# Advice on mixing old and new batteries please



## tviall (May 1, 2005)

I need some advice on mixing old and new batteries.

I bought my van nearly 3 years ago and just started to have battery problems (not holding charge as well as it did). 

The van came with 1 battery and I requested a second to match the first. The battery they installed alongside the original was an Elecsol 110ah battery. Unfortunately, I have no idea what the original battery is. It's the same size and shape as the known elecsol 110ah battery but it doesn't have any stickers or anything on it. So, of course, I assume that it is also an elecsol.

Anyway, today I find that the original and unbranded battery is losing 100th of a volt about every minute. The elecsol battery seems absolutely fine. Overall, it dropped from 12.2v to 11v in approx 36 hours.

Obviously, I need to replace the original battery and I thought that I would buy another elecsol 110ah. But here's the question.

It is OK to pair a new battery (specifically an Elecsol 110ah) with a nearly 3 year old Elecsol 110ah battery (that appears to be in OK condition)?

Thanks for your help

Tony


----------



## IanA (Oct 30, 2010)

The experts will give you answer or direct you to the old topics, but I think the answer is no. The older battery will pull the new one down which may affect the life of the new one. There will be issues over charging as the old one will probably accept a higher charging voltage, again damaging the new one. I would suggest you either buy two new ones or discard the old one.


----------



## boringfrog (Sep 22, 2006)

*Battery*

You've got three years out of your "old" battery, bite the bullet and get 2 new ones.


----------



## spatz1 (May 19, 2011)

I ve been looking into this and if you research the telecoms companies you ll learn they change banks of batteries coupled in parallel (new one side old the other ... They also mix unmatched banks in parrallel and all with no reported ill effect...

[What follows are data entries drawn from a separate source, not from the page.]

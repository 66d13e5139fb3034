-- ===== src/Syntax/Lexer/Total/Streams.antt =====
-- For `scan` and `lex_at` of crates/wsharp-syntax/src/lexer.rs.
use wsharp.Prelude.{
  ℕ, zero, suc, ◌+◌, ◌%◌, ◌^◌, ◌≤◌, ◌<◌, ◌≡◌, refl, subst, ◌∙◌, ap, true, false, inl, inr, Option,
  List, [], ◌∷◌, map, arith, ◌==◌, length, Bool-cases,
}
use wsharp.Prelude.Run.{Run, ok, then_run}
use wsharp.Syntax.Token.{eof, span_new, Token}
use wsharp.Syntax.Lexer.{
  is_eof, next_token, scan_on, scan_loop, scan, shift_token, shift_diagnostic, lex_at,
}
use wsharp.Syntax.Lexer.State.{Lexer, Diagnostic}
use wsharp.Syntax.Lexer.Place.{Fits, AllWithin, is_text, span_new_small}
use wsharp.Syntax.Lexer.Total.Kinds.{InRange}
use wsharp.Syntax.Lexer.Total.Tokens.{Next, next_token_total}

sum_small : (n a base : ℕ) → n + base < 2 ^ 32 → a ≤ n → (a + base) % 2 ^ 32 ≡ a + base
sum_small n a base h k = omega (arith, h, k)

module _ {F : Type 0} where
  -- From `from` on the tokens follow each other, none empty, none over another, to a last one at `n`,
  -- which alone is the end of the file.
  pub data Tiles (n : ℕ) : ℕ → List (Token F) → Type 0 where
    last :
        {from : ℕ} (t : Token F)
        → from ≤ n
        → is_eof t.kind ≡ true
        → t.span ≡ record { start = n; end = n }
        → Tiles n from (t ∷ [])
    token :
        {from : ℕ} (t : Token F) (ts : List (Token F))
        → from ≤ t.span.start
        → t.span.start < t.span.end
        → is_eof t.kind ≡ false
        → Tiles n t.span.end ts
        → Tiles n from (t ∷ ts)

  abbrev pub AllInRange : List (Token F) → Type 0
  AllInRange [] = Unit
  AllInRange (t ∷ ts) = InRange t.kind × AllInRange ts

  -- A scan from `from` that returns.
  pub record Scanned (low n from : ℕ) (run : Run (List (Token F) × List Diagnostic)) : Type 0 where
    pub tokens : List (Token F)
    pub diags : List Diagnostic
    pub runs : run ≡ ok (tokens, diags)
    pub tiles : Tiles n from tokens
    pub in_range : AllInRange tokens
    pub reported : AllWithin low n diags

  Tiles-bound : (n from : ℕ) (ts : List (Token F)) → Tiles n from ts → from ≤ n
  Tiles-bound n from _ (last t h e s) = h
  Tiles-bound n from _ (token t ts h k e later) =
      omega (arith, h, k, Tiles-bound n t.span.end ts later)

  Tiles-shift :
      (n from base : ℕ) (ts : List (Token F))
      → n + base < 2 ^ 32
      → Tiles n from ts
      → Tiles (n + base) (from + base) (map (shift_token base) ts)
  Tiles-shift n from base _ small (last t h e s) =
      last (shift_token base t) (omega (arith, h)) e
        (rw (s, sum_small n n base small (omega arith)) refl)
  Tiles-shift n from base _ small (token t ts h k e later) =
      let bound = Tiles-bound n t.span.end ts later in
      let start = sum_small n t.span.start base small (omega (arith, k, bound)) in
      let end = sum_small n t.span.end base small bound in
      token (shift_token base t) (map (shift_token base) ts) (omega (arith, start, h))
        (omega (arith, start, end, k)) e (rw end (Tiles-shift n t.span.end base ts small later))

AllWithin-shift :
    (n base : ℕ) (ds : List Diagnostic)
    → n + base < 2 ^ 32
    → AllWithin 0 n ds
    → AllWithin base (n + base) (map (shift_diagnostic base) ds)
AllWithin-shift n base [] small all = tt
AllWithin-shift n base (d ∷ ds) small ((z, h, k), all) =
    ((ground arith, ground arith, ground arith), AllWithin-shift n base ds small all)

AllInRange-shift :
    {F : Type 0} (base : ℕ) (ts : List (Token F))
    → AllInRange ts
    → AllInRange (map (shift_token base) ts)
AllInRange-shift base [] all = tt
AllInRange-shift base (t ∷ ts) (here, all) = (here, AllInRange-shift base ts all)

module _ (F : Type 0) (parse_f64 : List ℕ → Option F) (float_zero : F) (src : List ℕ)
    (small : length src < 2 ^ 32) where
  scan_on_total :
      (rec : Lexer → Run (List (Token F) × List Diagnostic)) (from : ℕ)
      (run : Run (Token F × Lexer))
      → Next F parse_f64 float_zero src small from run
      → ((m : Lexer) → from < m.pos → Fits src 0 m → Scanned 0 (length src) m.pos (rec m))
      → Scanned 0 (length src) from (then_run run (scan_on parse_f64 float_zero rec))
  scan_on_total rec from run (inr (m, n, f, e, r)) go =
      let span = span_new_small m.pos m.pos (omega (arith, e, small)) (omega (arith, e, small)) in
      record {
        tokens = record { kind = eof; span = span_new m.pos m.pos } ∷ [];
        diags = m.diags;
        runs = rw r refl;
        tiles =
            last (record { kind = eof; span = span_new m.pos m.pos }) (omega (arith, n, e)) refl
              (span ∙ ap (λ p. record { start = p; end = p }) e);
        in_range = (tt, tt);
        reported = f.reported;
      }
  scan_on_total rec from run (inl (m, n, r)) go =
      let later = go r.after (omega (arith, n, r.moves)) r.fits in
      record {
        tokens = r.token ∷ later.tokens;
        diags = later.diags;
        runs = rw (r.runs, r.plain.0, later.runs) refl;
        tiles =
            token r.token later.tokens (omega (arith, n, r.starts))
              (omega (arith, r.starts, r.ends, r.moves)) r.plain.0 (rw r.ends later.tiles);
        in_range = (r.plain.1, later.in_range);
        reported = later.reported;
      }

  scan_loop_total :
      (f : ℕ) (l : Lexer)
      → length l.rest < f
      → Fits src 0 l
      → Scanned 0 (length src) l.pos (scan_loop parse_f64 float_zero f l)
  unfolding scan_loop
  scan_loop_total zero l h fit = absurd (omega arith)
  scan_loop_total (suc f) l h fit =
      scan_on_total (scan_loop parse_f64 float_zero f) l.pos (next_token parse_f64 float_zero l)
        (next_token_total F parse_f64 float_zero src small l fit)
        (λ m n g. scan_loop_total f m (omega (arith, h, n, fit.size, g.size)) g)

  scan_total : is_text src ≡ true → Scanned 0 (length src) 0 (scan parse_f64 float_zero src)
  unfolding scan
  scan_total text =
      scan_loop_total (suc (length src)) _ (omega arith)
        (record { place = refl; size = omega arith; shape = text; reported = tt })

  pub lex_at_total :
      (base : ℕ)
      → length src + base < 2 ^ 32
      → is_text src ≡ true
      → Scanned base (length src + base) base (lex_at parse_f64 float_zero src base)
  unfolding lex_at
  lex_at_total base room text =
      let s = scan_total text in
      let from : 0 + base ≡ base = omega arith in
      elim (Bool-cases (base == 0)) [
        | inl first ↦
            let zero_base : 0 ≡ base = ground arith in
            let whole : length src ≡ length src + base = omega (arith, zero_base) in
            rw (s.runs, first)
              (record {
                tokens = s.tokens;
                diags = s.diags;
                runs = refl;
                tiles =
                    subst (λ n. Tiles n base s.tokens) whole
                      (subst (λ b. Tiles (length src) b s.tokens) zero_base s.tiles);
                in_range = s.in_range;
                reported =
                    subst (λ n. AllWithin base n s.diags) whole
                      (subst (λ b. AllWithin b (length src) s.diags) zero_base s.reported);
              })
        | inr moved ↦
            rw (s.runs, moved)
              (record {
                tokens = map (shift_token base) s.tokens;
                diags = map (shift_diagnostic base) s.diags;
                runs = refl;
                tiles =
                    subst (λ b. Tiles (length src + base) b (map (shift_token base) s.tokens)) from
                      (Tiles-shift (length src) 0 base s.tokens room s.tiles);
                in_range = AllInRange-shift base s.tokens s.in_range;
                reported = AllWithin-shift (length src) base s.diags room s.reported;
              })
      ]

It flys against the wind of all we re told, but for a £180 spend on two batteries its hardly worth thinking about for the guarantee of an unspoiled trip ...


----------



## tviall (May 1, 2005)

I bite the bullet and bought 2 new batteries to replace my existing ones.

I used Tayna.co.uk. Very good price and excellent service.

I would whole heartedly recommend them to anyone.

Tony


----------



## clive1821 (Mar 27, 2010)

there are views that there's no reason why you can't mix batteries.... me included!!! only to find 4 months later all 4 batteries were faulty...... so this time I replaced all the batteries within 2 months of each other and all's fine so far...... so I favour replace all batteries at a similar time.... as already mentioned they are cheep...... the telecom batteries are in the order of £800.00 per cell if I recall and they are able to mix and match, also they also wash out the batteries and renew the acid etc...


----------